*** Opening of Records for the task ***
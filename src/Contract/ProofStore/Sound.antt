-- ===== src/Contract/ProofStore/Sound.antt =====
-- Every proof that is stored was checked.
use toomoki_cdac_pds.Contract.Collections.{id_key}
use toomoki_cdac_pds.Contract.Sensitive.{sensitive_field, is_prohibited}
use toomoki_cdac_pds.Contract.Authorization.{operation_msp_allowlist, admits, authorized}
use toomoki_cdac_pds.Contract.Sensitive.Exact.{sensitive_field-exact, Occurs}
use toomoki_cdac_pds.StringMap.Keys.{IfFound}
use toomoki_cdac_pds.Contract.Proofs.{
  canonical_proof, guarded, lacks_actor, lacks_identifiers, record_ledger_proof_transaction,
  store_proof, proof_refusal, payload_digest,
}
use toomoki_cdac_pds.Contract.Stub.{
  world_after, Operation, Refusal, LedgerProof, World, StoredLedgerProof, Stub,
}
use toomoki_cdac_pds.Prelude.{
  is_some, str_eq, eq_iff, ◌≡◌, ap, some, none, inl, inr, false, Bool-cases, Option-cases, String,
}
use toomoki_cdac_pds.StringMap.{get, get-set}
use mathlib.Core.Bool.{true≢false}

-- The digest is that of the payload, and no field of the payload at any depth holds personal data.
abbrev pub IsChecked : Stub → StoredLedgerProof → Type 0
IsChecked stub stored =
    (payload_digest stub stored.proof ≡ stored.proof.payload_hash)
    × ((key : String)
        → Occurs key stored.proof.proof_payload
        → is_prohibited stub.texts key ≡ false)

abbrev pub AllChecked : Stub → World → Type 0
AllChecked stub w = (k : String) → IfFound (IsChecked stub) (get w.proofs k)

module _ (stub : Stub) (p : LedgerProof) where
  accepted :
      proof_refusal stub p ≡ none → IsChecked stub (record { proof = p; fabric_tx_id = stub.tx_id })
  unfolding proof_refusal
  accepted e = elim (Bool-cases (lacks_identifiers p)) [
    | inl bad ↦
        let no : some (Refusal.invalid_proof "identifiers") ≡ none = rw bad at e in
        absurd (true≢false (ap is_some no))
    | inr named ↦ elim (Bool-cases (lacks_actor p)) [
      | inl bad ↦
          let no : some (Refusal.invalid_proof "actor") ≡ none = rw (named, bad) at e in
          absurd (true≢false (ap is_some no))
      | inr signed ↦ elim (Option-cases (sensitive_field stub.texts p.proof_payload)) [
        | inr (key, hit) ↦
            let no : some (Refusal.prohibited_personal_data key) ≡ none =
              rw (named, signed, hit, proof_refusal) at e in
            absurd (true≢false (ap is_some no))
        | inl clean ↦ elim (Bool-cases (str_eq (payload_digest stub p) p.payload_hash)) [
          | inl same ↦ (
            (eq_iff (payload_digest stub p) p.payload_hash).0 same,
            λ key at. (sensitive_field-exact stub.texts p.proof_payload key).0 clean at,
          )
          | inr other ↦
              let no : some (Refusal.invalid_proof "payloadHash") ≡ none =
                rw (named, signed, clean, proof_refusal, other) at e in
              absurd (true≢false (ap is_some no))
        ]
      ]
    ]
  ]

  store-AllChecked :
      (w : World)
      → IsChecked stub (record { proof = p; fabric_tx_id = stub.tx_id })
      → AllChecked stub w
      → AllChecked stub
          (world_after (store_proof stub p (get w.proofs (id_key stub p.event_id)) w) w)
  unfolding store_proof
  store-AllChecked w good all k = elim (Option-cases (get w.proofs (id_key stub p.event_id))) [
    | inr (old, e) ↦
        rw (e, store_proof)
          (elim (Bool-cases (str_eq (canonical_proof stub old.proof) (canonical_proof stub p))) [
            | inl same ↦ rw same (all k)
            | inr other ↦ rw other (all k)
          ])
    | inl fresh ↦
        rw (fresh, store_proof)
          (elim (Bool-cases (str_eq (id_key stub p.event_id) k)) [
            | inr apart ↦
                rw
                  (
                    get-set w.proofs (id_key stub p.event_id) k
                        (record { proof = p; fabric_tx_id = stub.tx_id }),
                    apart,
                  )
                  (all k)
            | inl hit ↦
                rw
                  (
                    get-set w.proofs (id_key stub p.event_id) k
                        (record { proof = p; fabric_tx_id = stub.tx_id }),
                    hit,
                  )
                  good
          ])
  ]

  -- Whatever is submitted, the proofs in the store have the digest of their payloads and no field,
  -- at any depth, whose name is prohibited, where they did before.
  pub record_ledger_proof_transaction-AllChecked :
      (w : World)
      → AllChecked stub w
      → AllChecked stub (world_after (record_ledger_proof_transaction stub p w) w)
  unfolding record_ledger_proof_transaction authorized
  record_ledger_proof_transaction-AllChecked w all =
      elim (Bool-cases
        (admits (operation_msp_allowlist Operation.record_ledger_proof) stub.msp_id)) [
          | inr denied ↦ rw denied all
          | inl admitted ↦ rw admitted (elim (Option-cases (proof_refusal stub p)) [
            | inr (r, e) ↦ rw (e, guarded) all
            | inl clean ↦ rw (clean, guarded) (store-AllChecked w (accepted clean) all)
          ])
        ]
*** Close of Records for the task ***
*** Opening of Records for the task ***
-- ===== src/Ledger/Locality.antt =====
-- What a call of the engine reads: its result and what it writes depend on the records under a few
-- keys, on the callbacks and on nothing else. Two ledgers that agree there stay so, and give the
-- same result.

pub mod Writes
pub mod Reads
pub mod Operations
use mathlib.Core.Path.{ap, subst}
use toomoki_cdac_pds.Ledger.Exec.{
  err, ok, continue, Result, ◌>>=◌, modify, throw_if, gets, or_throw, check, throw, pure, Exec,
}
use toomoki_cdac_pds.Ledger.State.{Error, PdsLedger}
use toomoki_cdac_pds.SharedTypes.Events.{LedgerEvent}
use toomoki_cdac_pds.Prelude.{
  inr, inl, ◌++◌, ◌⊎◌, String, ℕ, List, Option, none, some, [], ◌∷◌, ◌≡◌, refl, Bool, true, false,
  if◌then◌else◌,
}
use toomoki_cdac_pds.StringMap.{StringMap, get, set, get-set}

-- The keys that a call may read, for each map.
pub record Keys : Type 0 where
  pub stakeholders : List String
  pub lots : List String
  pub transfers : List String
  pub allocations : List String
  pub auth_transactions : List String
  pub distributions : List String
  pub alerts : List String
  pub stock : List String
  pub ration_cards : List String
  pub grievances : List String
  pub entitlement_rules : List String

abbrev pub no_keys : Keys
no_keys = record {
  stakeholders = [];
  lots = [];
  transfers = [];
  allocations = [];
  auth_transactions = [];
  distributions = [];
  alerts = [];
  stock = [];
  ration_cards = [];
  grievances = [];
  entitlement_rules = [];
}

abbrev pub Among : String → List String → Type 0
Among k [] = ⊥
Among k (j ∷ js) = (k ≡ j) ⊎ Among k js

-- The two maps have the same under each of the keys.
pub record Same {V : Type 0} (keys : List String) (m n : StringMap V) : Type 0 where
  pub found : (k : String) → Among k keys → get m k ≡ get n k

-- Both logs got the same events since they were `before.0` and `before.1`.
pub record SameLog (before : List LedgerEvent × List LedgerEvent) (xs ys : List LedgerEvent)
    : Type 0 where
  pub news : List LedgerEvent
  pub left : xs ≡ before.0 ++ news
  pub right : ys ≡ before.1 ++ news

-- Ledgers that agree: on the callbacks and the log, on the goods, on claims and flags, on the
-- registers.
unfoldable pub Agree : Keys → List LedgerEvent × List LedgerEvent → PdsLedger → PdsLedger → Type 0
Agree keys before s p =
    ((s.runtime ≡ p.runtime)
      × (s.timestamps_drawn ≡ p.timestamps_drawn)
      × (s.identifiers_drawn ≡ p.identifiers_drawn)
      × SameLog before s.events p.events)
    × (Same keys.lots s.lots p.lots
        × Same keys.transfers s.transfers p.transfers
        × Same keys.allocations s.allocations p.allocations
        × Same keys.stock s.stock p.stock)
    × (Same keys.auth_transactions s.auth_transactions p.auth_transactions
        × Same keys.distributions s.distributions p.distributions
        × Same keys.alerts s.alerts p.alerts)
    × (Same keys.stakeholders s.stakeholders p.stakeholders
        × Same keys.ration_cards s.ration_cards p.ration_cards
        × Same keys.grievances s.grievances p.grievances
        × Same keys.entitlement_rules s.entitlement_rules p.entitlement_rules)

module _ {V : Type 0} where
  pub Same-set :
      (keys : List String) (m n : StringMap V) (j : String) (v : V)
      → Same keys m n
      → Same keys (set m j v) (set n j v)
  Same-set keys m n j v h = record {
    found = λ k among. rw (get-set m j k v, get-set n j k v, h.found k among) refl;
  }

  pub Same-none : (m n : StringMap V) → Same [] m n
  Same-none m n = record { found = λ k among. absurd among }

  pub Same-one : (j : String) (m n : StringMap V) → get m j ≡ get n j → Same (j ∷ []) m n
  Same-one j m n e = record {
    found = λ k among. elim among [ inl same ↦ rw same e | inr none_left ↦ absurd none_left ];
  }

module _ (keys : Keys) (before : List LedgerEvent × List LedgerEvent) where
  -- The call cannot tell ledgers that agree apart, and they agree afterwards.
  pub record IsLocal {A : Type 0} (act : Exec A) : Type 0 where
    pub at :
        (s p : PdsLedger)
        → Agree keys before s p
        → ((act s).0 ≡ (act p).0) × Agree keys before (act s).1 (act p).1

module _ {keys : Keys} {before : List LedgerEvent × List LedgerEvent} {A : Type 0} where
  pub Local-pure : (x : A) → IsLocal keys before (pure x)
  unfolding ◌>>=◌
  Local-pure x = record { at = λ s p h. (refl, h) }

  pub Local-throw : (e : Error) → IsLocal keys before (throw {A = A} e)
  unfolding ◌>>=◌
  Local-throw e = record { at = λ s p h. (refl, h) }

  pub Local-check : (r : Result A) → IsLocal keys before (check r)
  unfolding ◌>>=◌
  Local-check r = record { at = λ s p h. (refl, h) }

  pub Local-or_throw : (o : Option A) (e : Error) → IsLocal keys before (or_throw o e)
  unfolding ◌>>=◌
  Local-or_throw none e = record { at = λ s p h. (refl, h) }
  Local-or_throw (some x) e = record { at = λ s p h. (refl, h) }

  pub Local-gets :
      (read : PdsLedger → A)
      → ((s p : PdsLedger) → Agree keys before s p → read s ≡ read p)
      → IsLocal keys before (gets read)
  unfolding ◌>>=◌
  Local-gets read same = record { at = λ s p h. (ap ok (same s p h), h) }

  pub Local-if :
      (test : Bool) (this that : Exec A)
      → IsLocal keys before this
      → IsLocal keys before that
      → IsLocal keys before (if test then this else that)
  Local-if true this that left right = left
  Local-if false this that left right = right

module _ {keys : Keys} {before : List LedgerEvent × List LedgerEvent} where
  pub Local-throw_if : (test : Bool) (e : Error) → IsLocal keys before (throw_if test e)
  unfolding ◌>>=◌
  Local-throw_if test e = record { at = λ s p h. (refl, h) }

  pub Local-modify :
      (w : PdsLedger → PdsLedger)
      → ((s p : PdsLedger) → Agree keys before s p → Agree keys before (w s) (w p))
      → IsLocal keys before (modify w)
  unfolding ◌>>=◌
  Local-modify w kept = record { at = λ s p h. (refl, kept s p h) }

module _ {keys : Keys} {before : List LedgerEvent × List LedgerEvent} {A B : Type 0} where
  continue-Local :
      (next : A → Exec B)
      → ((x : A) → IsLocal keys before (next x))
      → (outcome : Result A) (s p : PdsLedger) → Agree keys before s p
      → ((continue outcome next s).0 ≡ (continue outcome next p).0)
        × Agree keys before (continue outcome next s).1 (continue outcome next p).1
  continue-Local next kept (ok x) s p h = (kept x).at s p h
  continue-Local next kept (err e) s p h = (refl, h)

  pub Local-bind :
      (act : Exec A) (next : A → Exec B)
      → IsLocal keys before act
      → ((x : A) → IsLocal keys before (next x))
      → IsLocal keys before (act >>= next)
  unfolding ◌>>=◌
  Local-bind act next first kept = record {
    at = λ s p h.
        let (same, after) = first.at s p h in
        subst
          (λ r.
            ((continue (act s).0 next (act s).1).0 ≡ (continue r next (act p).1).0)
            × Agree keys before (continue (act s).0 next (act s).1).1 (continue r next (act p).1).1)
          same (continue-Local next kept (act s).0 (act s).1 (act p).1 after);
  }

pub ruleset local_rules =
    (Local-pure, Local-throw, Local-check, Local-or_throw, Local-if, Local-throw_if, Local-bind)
*** Close of Records for the task ***
> [What you should do]:
Every line above that has the string "LedgerEvent" needs to be copied.

> [Response to the task]:
use toomoki_cdac_pds.SharedTypes.Events.{LedgerEvent}
pub record SameLog (before : List LedgerEvent × List LedgerEvent) (xs ys : List LedgerEvent)
  pub news : List LedgerEvent
unfoldable pub Agree : Keys → List LedgerEvent × List LedgerEvent → PdsLedger → PdsLedger → Type 0
module _ (keys : Keys) (before : List LedgerEvent × List LedgerEvent) where
module _ {keys : Keys} {before : List LedgerEvent × List LedgerEvent} {A : Type 0} where
module _ {keys : Keys} {before : List LedgerEvent × List LedgerEvent} where
module _ {keys : Keys} {before : List LedgerEvent × List LedgerEvent} {A B : Type 0} where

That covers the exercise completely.